| Exercise directions |
Would you copy the material below word for word, beginning with its first line and ending with the line that contains "pub mod First"?

| Record set |
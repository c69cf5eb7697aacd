-- ===== src/Rmt/Access/Session.antt =====
-- Sessions of remote access: a request, and the blocks that the host reads until the response ends.
pub mod Responses
pub mod Secrets
pub mod Errors
pub mod Request
pub mod Fields
pub mod First
pub mod Names
use fw.Base.{
  ℕ, zero, suc, ◌+◌, ◌≡◌, ◌≤◌, refl, Bool, true, false, Option, none, some, List, [], ◌∷◌, ◌++◌,
  map, length, arith, ltb, ◌==◌, if◌then◌else◌,
}
use mathlib.Core.Option
use mathlib.Core.Path.{subst}
use mathlib.Core.List.{append-nil}
use fw.Sys.Mbox.{
  Checked, Mbox, Memory, total_length, copy_parts, mbox_vdepositv, mbox_retrieve, mbox_deposit,
}
use fw.Sys.Mbox.Laws.{joined, take-copy_parts, length-joined}
use fw.Rmt.{
  Rmt, RmtState, rmt_responsev, rmt_response, rmt_query, rmt_end, rmt_arrival, rmt_request,
}
use fw.Rmt.Access.{
  Access, Ui, rdop_ls, poll_res, check_generation, rmt_db_poll, poll_state, poll_state, RdbState,
}
use fw.Db.Field.{Field}
use fw.Db.Entry.{Entry, Db}

abbrev pub box : Option ℕ → Mbox
box n = record { enabled = true; has_buf = true; size = 256; length = n }

-- Both boxes are open; the first holds nothing.
abbrev pub link : RmtState → Bool → Memory → Option ℕ → Rmt
link state has_reset mem n = record {
  state = state;
  has_reset = has_reset;
  inbox = box none;
  outbox = box n;
  memory = mem;
}

pub rmt_responsev-link :
    (b : Bool) (mem : Memory) (ps : List (List ℕ))
    → total_length ps ≤ 256
    → rmt_responsev (link RmtState.res b mem none) ps
      ≡ some (true, link RmtState.res b (copy_parts mem 0 ps) (some (total_length ps)))
unfolding rmt_responsev mbox_vdepositv
rmt_responsev-link b mem ps h = ground arith

-- A box that is full takes no other block.
pub rmt_responsev-full :
    (b : Bool) (mem : Memory) (n : ℕ) (ps : List (List ℕ))
    → rmt_responsev (link RmtState.res b mem (some n)) ps
      ≡ some (false, link RmtState.res b mem (some n))
unfolding rmt_responsev mbox_vdepositv
rmt_responsev-full b mem n ps = refl

rmt_query-link :
    (st : RmtState) (b : Bool) (mem : Memory) (ps : List (List ℕ))
    → total_length ps ≤ 256
    → rmt_query (link st b (copy_parts mem 0 ps) (some (total_length ps)))
      ≡ some (some (joined ps), link st b (copy_parts mem 0 ps) none)
unfolding rmt_query mbox_retrieve
rmt_query-link st b mem ps h = ground (arith, take-copy_parts ps mem)

abbrev pub cons_block : Option (List ℕ) → List (List ℕ) → List (List ℕ)
cons_block none blocks = blocks
cons_block (some block) blocks = block ∷ blocks

abbrev pub access : RdbState → ℕ → ℕ → List ℕ → List Field → Access
access st op g de f = record {
  state = st;
  op = op;
  generation = g;
  de = de;
  f = f;
  async_reset = false;
}

-- The polls that it takes to send the blocks for these, one at least.
abbrev pub polls : {A : Type 0} → List A → ℕ
polls [] = 1
polls (a ∷ rest) = length (a ∷ rest)

module _ (u : Ui) {S : Type 0} (behind : List ℕ) (d : Db S) where
  abbrev pub Live : Type 0
  Live = Access × Rmt × u.State

  abbrev pub polled : Checked Live → Checked Live
  polled none = none
  polled (some (x, r, s)) = rmt_db_poll u behind d x r s

  -- The host sends a block of a request.
  abbrev pub sent : List ℕ → Checked Live → Checked Live
  sent bytes none = none
  sent bytes (some (x, r, s)) = elim (rmt_arrival r false bytes) [
    | none ↦ none
    | some (ok, r') ↦ if ok then some (x, r', s) else none
  ]

  -- The host reads a block, if there is one.
  abbrev pub queried : Checked Live → Checked (Option (List ℕ) × Live)
  queried none = none
  queried (some (x, r, s)) = Option.map (λ g. (g.0, (x, g.1, s))) (rmt_query r)

  abbrev pub collected :
      Checked (Option (List ℕ) × Live)
      → (Checked Live → Checked (List (List ℕ) × Live))
      → Checked (List (List ℕ) × Live)
  collected none k = none
  collected (some (block, t)) k = Option.map (λ o. (cons_block block o.0, o.1)) (k (some t))

  -- Rounds of a poll and a query, with the blocks that the host gets.
  unfoldable pub rounds : ℕ → Checked Live → Checked (List (List ℕ) × Live)
  rounds zero g = Option.map (λ t. ([], t)) g
  rounds (suc n) g = collected (queried (polled g)) (rounds n)

  -- A request of one block, up to the arrival of its end.
  abbrev pub asked : List ℕ → Checked Live → Checked Live
  asked bytes g = sent [] (polled (sent bytes g))

  -- In `n` rounds the host gets the blocks, and both sides are idle afterwards.
  abbrev pub Answers : ℕ → Access → Bool → Memory → u.State → List (List ℕ) → Access → Type 0
  Answers n x b mem s blocks x' =
      (mem' : Memory) × (rounds n (some (x, link RmtState.res b mem none, s))
        ≡ some (blocks, (x', link RmtState.idle b mem' none, s)))

  pub Answers-end :
      (op : ℕ) (g : ℕ) (de : List ℕ) (f : List Field) (b : Bool) (mem : Memory) (s : u.State)
      → Answers 1 (access RdbState.end op g de f) b mem s ([] ∷ []) (access RdbState.idle op g de f)
  unfolding rounds rmt_db_poll poll_state rmt_end mbox_vdepositv total_length copy_parts rmt_query
      mbox_retrieve
  Answers-end op g de f b mem s = (mem, refl)

  map_id : (t : Checked (List (List ℕ) × Live)) → Option.map (λ o. (cons_block none o.0, o.1)) t ≡ t
  map_id none = refl
  map_id (some t) = refl

  -- A poll that sends nothing.
  pub rounds-skip :
      (n : ℕ) (x x' : Access) (b : Bool) (mem : Memory) (s : u.State)
      → rmt_db_poll u behind d x (link RmtState.res b mem none) s
        ≡ some (x', link RmtState.res b mem none, s)
      → rounds (suc n) (some (x, link RmtState.res b mem none, s))
        ≡ rounds n (some (x', link RmtState.res b mem none, s))
  unfolding rounds rmt_query mbox_retrieve
  rounds-skip n x x' b mem s e =
      rw e (map_id (rounds n (some (x', link RmtState.res b mem none, s))))

  pub Answers-poll :
      (n : ℕ) (x x' y : Access) (b : Bool) (mem : Memory) (s : u.State) (ps blocks : List (List ℕ))
      → total_length ps ≤ 256
      → rmt_db_poll u behind d x (link RmtState.res b mem none) s
        ≡ some (x', link RmtState.res b (copy_parts mem 0 ps) (some (total_length ps)), s)
      → Answers n x' b (copy_parts mem 0 ps) s blocks y
      → Answers (suc n) x b mem s (joined ps ∷ blocks) y
  unfolding rounds
  Answers-poll n x x' y b mem s ps blocks h e (mem', k) =
      (mem', rw (e, rmt_query-link RmtState.res b mem ps h, k) refl)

| The answer |
repository c69cf5eb7697aacd
-- ===== src/Rmt/Access/Session.antt =====
-- Sessions of remote access: a request, and the blocks that the host reads until the response ends.
pub mod Responses
pub mod Secrets
pub mod Errors
pub mod Request
pub mod Fields
pub mod First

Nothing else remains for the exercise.